Directions for this task: Please set down exactly the lines of the listing below from the line containing "unfolding connection_io" through the line containing "((list_insert_before (dlist_detach l", both lines included, leaving out all other lines.

Supplied data:
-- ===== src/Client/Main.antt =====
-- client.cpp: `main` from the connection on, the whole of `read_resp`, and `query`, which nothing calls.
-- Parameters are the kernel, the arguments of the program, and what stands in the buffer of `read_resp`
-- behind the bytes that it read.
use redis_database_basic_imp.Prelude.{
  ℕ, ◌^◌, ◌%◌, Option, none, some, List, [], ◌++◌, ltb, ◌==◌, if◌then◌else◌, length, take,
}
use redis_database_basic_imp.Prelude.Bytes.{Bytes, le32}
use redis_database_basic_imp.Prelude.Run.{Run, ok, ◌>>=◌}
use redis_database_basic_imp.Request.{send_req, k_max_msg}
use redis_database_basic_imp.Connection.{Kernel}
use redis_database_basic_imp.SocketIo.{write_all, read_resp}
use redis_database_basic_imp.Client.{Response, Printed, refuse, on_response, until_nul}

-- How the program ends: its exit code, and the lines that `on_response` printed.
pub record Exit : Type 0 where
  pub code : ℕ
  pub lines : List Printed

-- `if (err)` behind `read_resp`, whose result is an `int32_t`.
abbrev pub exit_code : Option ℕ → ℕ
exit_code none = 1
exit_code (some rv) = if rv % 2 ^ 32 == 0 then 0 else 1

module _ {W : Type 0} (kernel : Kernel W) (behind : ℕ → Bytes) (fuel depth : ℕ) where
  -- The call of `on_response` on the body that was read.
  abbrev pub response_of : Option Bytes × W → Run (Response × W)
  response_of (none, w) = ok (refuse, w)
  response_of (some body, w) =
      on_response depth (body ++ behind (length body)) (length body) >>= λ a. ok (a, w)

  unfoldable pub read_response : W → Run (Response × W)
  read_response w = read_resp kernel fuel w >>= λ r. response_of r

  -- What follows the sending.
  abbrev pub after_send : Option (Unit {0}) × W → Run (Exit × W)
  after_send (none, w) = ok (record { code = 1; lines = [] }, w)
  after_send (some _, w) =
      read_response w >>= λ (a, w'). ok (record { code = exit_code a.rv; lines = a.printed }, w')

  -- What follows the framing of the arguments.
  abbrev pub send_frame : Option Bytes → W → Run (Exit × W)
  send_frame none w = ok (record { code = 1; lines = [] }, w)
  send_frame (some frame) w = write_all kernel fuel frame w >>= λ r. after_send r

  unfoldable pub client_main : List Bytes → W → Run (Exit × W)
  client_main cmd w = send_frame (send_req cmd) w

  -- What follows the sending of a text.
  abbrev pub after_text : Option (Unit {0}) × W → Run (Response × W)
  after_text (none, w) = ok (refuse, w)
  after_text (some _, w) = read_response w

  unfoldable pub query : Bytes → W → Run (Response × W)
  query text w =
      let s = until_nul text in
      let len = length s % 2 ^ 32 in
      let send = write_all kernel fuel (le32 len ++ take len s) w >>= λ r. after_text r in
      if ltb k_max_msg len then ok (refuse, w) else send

...

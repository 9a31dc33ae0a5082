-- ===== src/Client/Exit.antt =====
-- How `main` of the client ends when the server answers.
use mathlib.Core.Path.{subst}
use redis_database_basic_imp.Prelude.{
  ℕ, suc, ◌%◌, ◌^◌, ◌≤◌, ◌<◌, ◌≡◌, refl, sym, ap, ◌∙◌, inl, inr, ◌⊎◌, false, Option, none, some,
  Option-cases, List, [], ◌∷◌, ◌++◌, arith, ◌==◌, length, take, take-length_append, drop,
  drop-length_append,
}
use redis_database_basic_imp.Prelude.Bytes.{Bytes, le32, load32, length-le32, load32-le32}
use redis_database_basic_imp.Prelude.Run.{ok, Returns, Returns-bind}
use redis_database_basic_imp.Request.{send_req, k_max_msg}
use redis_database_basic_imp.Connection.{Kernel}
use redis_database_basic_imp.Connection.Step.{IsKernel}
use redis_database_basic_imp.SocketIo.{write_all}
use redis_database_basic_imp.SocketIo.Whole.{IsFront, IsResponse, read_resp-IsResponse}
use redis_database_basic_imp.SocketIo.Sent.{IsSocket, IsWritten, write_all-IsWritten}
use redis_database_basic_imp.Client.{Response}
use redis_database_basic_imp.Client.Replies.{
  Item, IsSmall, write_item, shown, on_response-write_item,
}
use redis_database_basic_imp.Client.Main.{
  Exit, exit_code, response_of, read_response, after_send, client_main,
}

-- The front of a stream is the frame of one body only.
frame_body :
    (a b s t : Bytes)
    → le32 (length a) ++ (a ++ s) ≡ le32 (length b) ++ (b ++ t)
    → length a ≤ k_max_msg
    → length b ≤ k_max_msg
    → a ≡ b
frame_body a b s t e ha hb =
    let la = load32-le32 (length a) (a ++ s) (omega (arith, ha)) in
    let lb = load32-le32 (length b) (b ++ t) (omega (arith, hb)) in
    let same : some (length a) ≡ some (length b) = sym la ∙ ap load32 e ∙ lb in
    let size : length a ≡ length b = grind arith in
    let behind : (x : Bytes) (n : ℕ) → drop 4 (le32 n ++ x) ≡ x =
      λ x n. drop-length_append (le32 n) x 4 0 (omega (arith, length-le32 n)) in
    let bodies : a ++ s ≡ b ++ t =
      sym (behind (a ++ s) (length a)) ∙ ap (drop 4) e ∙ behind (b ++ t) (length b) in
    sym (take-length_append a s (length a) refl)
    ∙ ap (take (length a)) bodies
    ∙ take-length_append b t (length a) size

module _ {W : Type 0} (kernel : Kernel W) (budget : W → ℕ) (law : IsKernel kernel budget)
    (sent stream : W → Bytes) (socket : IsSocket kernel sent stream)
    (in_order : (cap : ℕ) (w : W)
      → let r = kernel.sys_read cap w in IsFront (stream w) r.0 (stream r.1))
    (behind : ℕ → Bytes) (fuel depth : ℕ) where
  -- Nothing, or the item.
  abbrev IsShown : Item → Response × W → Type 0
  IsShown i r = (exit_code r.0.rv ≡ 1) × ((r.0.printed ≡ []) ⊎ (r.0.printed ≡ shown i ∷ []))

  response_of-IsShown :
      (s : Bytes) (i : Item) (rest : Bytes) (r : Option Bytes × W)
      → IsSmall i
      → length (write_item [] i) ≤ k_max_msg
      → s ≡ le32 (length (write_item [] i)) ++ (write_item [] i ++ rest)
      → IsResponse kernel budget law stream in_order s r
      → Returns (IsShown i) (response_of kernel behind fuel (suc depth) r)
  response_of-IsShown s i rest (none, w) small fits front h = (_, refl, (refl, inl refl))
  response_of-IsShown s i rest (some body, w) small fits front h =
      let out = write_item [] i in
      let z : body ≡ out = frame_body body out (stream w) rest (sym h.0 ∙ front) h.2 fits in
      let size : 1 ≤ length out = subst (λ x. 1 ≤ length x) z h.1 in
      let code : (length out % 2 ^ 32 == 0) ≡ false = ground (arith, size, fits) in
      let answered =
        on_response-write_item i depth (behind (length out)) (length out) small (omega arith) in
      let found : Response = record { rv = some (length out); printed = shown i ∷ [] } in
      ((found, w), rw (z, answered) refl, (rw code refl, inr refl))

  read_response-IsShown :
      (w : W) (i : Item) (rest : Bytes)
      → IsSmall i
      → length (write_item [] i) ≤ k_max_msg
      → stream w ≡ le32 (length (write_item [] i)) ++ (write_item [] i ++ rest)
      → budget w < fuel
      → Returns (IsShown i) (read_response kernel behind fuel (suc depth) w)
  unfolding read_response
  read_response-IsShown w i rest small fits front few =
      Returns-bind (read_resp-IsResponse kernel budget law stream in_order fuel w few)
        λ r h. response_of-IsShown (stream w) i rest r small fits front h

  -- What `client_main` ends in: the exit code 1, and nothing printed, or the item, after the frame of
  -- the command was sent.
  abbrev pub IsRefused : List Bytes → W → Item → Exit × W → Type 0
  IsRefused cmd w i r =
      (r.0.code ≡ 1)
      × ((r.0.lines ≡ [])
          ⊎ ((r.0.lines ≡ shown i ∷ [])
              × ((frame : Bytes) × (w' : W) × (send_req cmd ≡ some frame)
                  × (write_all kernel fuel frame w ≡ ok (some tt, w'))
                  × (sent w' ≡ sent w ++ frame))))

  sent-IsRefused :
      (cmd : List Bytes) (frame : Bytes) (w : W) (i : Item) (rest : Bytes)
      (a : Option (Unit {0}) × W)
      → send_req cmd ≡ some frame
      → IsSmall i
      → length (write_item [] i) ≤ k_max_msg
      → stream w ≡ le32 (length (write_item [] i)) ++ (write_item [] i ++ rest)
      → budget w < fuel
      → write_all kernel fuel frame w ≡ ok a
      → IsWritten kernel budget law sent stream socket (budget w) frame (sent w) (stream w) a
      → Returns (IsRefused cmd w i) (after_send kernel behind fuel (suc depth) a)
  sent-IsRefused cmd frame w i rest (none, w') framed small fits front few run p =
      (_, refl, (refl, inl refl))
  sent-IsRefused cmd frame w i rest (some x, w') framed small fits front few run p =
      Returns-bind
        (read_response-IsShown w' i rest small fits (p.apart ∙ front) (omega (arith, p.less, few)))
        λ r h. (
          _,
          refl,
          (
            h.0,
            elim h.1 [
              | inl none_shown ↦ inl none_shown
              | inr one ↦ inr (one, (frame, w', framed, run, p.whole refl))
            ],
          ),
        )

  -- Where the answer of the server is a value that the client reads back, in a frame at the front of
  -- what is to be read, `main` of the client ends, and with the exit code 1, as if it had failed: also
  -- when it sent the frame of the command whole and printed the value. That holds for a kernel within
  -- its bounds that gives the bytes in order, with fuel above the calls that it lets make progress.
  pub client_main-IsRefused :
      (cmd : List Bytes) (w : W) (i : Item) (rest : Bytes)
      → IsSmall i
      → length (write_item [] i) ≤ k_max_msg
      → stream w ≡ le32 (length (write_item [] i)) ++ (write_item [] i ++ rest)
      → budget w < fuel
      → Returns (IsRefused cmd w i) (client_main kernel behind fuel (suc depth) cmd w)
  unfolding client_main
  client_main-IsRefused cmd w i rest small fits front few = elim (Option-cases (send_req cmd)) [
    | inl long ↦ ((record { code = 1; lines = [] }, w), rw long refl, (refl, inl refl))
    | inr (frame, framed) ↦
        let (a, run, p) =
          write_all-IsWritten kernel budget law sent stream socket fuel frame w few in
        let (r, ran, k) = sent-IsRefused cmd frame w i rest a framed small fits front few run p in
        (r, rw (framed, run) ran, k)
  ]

--

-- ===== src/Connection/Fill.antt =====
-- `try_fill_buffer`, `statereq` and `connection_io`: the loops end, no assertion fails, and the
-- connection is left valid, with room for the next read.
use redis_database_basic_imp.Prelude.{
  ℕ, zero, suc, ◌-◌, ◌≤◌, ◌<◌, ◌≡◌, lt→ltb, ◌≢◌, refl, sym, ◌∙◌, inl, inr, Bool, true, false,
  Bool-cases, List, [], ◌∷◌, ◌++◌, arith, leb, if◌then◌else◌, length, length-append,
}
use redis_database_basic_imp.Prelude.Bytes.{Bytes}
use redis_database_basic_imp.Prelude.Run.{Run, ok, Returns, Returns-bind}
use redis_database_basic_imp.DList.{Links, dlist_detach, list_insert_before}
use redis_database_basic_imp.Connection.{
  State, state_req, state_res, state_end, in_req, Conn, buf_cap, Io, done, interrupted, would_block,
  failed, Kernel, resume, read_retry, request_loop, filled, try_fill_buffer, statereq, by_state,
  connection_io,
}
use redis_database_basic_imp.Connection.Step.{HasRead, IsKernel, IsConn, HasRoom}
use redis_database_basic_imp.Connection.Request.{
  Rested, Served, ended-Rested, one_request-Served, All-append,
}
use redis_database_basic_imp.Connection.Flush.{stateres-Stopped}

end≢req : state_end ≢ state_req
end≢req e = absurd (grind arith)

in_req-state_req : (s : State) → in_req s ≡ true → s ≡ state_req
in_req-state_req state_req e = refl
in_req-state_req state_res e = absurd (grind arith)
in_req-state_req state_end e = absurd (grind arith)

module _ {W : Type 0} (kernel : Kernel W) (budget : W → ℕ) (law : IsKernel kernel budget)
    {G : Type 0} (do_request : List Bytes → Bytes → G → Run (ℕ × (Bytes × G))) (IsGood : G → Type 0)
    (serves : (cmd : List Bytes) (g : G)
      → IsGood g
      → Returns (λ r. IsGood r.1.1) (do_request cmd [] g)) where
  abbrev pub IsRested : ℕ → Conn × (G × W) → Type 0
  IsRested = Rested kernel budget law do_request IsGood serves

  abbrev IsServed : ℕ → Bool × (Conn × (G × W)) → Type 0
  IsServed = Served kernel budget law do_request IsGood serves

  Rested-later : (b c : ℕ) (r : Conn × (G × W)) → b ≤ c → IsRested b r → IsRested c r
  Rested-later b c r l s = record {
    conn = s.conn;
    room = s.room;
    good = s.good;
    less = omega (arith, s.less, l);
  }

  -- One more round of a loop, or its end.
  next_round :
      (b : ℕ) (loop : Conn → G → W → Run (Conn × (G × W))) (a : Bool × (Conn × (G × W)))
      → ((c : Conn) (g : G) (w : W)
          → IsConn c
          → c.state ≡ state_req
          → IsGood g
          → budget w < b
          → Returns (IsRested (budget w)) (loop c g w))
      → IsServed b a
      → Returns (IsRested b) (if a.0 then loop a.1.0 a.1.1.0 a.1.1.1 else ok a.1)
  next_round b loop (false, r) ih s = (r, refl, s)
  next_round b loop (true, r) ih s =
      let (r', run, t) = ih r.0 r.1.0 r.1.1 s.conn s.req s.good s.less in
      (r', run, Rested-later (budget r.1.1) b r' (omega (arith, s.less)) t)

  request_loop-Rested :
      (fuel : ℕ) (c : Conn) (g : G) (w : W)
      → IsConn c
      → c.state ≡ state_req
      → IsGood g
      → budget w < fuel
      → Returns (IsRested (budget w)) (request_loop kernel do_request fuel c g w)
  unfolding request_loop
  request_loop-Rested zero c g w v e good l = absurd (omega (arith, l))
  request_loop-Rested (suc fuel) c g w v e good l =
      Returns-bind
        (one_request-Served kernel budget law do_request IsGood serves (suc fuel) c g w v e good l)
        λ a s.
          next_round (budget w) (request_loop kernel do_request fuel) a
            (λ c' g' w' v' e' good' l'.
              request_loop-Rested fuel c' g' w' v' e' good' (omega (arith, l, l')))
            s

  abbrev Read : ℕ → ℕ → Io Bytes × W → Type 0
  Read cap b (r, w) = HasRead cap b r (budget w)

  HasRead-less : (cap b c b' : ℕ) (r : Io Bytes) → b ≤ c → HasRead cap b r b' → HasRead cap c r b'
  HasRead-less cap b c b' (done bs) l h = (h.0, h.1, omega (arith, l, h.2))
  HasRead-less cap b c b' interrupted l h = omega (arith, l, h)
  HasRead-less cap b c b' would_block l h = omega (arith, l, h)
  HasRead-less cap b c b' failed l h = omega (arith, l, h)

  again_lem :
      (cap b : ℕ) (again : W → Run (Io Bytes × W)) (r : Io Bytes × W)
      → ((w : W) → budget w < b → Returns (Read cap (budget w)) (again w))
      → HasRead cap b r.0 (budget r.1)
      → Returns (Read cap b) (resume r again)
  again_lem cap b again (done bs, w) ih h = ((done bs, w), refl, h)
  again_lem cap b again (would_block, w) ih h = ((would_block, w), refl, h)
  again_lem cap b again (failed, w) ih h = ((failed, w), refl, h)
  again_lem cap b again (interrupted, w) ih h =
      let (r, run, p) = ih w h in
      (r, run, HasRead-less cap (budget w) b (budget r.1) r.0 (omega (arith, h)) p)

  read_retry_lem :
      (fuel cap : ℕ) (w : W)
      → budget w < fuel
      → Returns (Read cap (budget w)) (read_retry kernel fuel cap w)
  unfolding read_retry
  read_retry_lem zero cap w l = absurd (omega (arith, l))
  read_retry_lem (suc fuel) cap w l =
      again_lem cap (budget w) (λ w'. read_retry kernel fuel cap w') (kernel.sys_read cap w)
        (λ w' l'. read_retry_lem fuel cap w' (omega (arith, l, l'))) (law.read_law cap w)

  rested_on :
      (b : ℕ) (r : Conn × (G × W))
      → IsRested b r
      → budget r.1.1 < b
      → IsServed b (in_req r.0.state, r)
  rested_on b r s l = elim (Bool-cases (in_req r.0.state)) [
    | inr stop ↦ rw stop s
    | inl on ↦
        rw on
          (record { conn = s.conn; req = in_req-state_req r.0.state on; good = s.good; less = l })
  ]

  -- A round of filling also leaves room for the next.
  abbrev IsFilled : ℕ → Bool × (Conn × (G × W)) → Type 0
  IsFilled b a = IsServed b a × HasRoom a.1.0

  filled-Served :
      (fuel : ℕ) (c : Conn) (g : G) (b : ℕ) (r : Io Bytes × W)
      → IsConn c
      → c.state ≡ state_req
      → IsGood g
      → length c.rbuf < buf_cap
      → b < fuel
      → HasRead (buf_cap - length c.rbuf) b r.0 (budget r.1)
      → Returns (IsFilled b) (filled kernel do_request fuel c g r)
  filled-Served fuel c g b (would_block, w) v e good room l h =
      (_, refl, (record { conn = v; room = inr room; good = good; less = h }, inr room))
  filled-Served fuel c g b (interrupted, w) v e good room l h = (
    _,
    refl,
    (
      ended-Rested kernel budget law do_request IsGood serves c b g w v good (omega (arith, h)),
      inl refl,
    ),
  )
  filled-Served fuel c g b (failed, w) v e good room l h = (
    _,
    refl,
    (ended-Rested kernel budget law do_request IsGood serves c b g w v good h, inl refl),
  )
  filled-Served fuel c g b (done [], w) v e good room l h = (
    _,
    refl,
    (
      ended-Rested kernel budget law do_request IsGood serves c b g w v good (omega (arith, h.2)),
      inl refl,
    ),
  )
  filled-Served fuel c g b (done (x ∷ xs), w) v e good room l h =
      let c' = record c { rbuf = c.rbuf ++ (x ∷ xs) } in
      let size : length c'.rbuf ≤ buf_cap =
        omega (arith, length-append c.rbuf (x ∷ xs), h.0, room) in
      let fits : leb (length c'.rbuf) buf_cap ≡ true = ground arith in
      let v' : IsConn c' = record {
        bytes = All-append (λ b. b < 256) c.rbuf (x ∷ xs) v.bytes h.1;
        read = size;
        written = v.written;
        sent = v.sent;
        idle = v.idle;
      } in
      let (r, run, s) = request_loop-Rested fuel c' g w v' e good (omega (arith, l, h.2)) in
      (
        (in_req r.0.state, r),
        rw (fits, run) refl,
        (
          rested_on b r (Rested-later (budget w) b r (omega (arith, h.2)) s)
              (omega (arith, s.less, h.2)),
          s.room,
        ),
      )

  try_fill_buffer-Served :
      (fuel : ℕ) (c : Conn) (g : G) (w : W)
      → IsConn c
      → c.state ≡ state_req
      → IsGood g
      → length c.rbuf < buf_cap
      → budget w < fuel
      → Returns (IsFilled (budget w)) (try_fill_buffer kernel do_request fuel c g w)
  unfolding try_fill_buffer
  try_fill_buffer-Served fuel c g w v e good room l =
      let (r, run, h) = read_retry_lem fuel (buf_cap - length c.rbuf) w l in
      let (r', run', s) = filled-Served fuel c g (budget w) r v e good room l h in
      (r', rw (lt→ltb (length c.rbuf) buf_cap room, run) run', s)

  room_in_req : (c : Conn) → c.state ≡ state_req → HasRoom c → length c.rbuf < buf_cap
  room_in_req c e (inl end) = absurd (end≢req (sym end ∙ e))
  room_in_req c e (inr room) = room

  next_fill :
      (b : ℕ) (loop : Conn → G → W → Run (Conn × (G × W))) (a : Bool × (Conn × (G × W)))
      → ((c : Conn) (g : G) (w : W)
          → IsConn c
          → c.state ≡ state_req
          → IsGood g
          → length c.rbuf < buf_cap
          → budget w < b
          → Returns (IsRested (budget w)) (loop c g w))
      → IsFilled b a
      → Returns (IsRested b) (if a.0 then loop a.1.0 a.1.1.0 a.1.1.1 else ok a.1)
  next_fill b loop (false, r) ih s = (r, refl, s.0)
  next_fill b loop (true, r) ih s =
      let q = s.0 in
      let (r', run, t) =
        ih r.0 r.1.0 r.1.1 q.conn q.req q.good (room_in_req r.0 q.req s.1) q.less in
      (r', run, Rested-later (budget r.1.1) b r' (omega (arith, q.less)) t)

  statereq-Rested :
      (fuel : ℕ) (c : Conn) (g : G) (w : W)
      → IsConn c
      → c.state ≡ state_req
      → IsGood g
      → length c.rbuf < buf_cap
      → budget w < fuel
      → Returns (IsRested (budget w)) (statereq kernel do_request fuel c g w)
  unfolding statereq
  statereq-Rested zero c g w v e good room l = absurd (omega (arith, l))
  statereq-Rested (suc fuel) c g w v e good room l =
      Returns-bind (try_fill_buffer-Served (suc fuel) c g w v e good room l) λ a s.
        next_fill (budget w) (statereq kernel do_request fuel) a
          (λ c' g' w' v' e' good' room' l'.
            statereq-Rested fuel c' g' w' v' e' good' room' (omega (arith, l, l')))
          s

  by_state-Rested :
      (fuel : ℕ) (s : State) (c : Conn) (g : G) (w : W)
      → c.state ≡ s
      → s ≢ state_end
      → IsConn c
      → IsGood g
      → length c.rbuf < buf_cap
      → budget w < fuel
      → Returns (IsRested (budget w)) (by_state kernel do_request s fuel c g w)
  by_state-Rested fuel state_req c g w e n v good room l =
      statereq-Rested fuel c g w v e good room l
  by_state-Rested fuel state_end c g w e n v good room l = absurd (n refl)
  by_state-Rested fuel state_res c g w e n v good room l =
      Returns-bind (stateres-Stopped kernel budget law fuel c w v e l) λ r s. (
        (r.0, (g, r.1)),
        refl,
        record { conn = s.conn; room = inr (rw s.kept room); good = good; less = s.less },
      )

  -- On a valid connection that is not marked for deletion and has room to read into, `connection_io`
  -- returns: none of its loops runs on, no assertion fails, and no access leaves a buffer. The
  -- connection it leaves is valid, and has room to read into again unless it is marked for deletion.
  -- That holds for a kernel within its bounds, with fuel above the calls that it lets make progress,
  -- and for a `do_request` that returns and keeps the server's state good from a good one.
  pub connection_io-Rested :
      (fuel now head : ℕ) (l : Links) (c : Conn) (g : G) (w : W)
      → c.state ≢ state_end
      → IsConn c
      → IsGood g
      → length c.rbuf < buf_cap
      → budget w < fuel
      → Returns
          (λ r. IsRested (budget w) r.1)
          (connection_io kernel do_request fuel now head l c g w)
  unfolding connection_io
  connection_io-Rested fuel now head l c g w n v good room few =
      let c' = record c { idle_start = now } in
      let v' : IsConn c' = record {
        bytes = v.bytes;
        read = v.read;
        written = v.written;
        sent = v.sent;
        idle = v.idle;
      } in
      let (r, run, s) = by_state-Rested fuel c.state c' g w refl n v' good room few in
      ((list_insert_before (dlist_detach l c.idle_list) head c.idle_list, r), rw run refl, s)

The completed task:
  unfolding connection_io
  connection_io-Rested fuel now head l c g w n v good room few =
      let c' = record c { idle_start = now } in
      let v' : IsConn c' = record {
        bytes = v.bytes;
        read = v.read;
        written = v.written;
        sent = v.sent;
        idle = v.idle;
      } in
      let (r, run, s) = by_state-Rested fuel c.state c' g w refl n v' good room few in
      ((list_insert_before (dlist_detach l c.idle_list) head c.idle_list, r), rw run refl, s)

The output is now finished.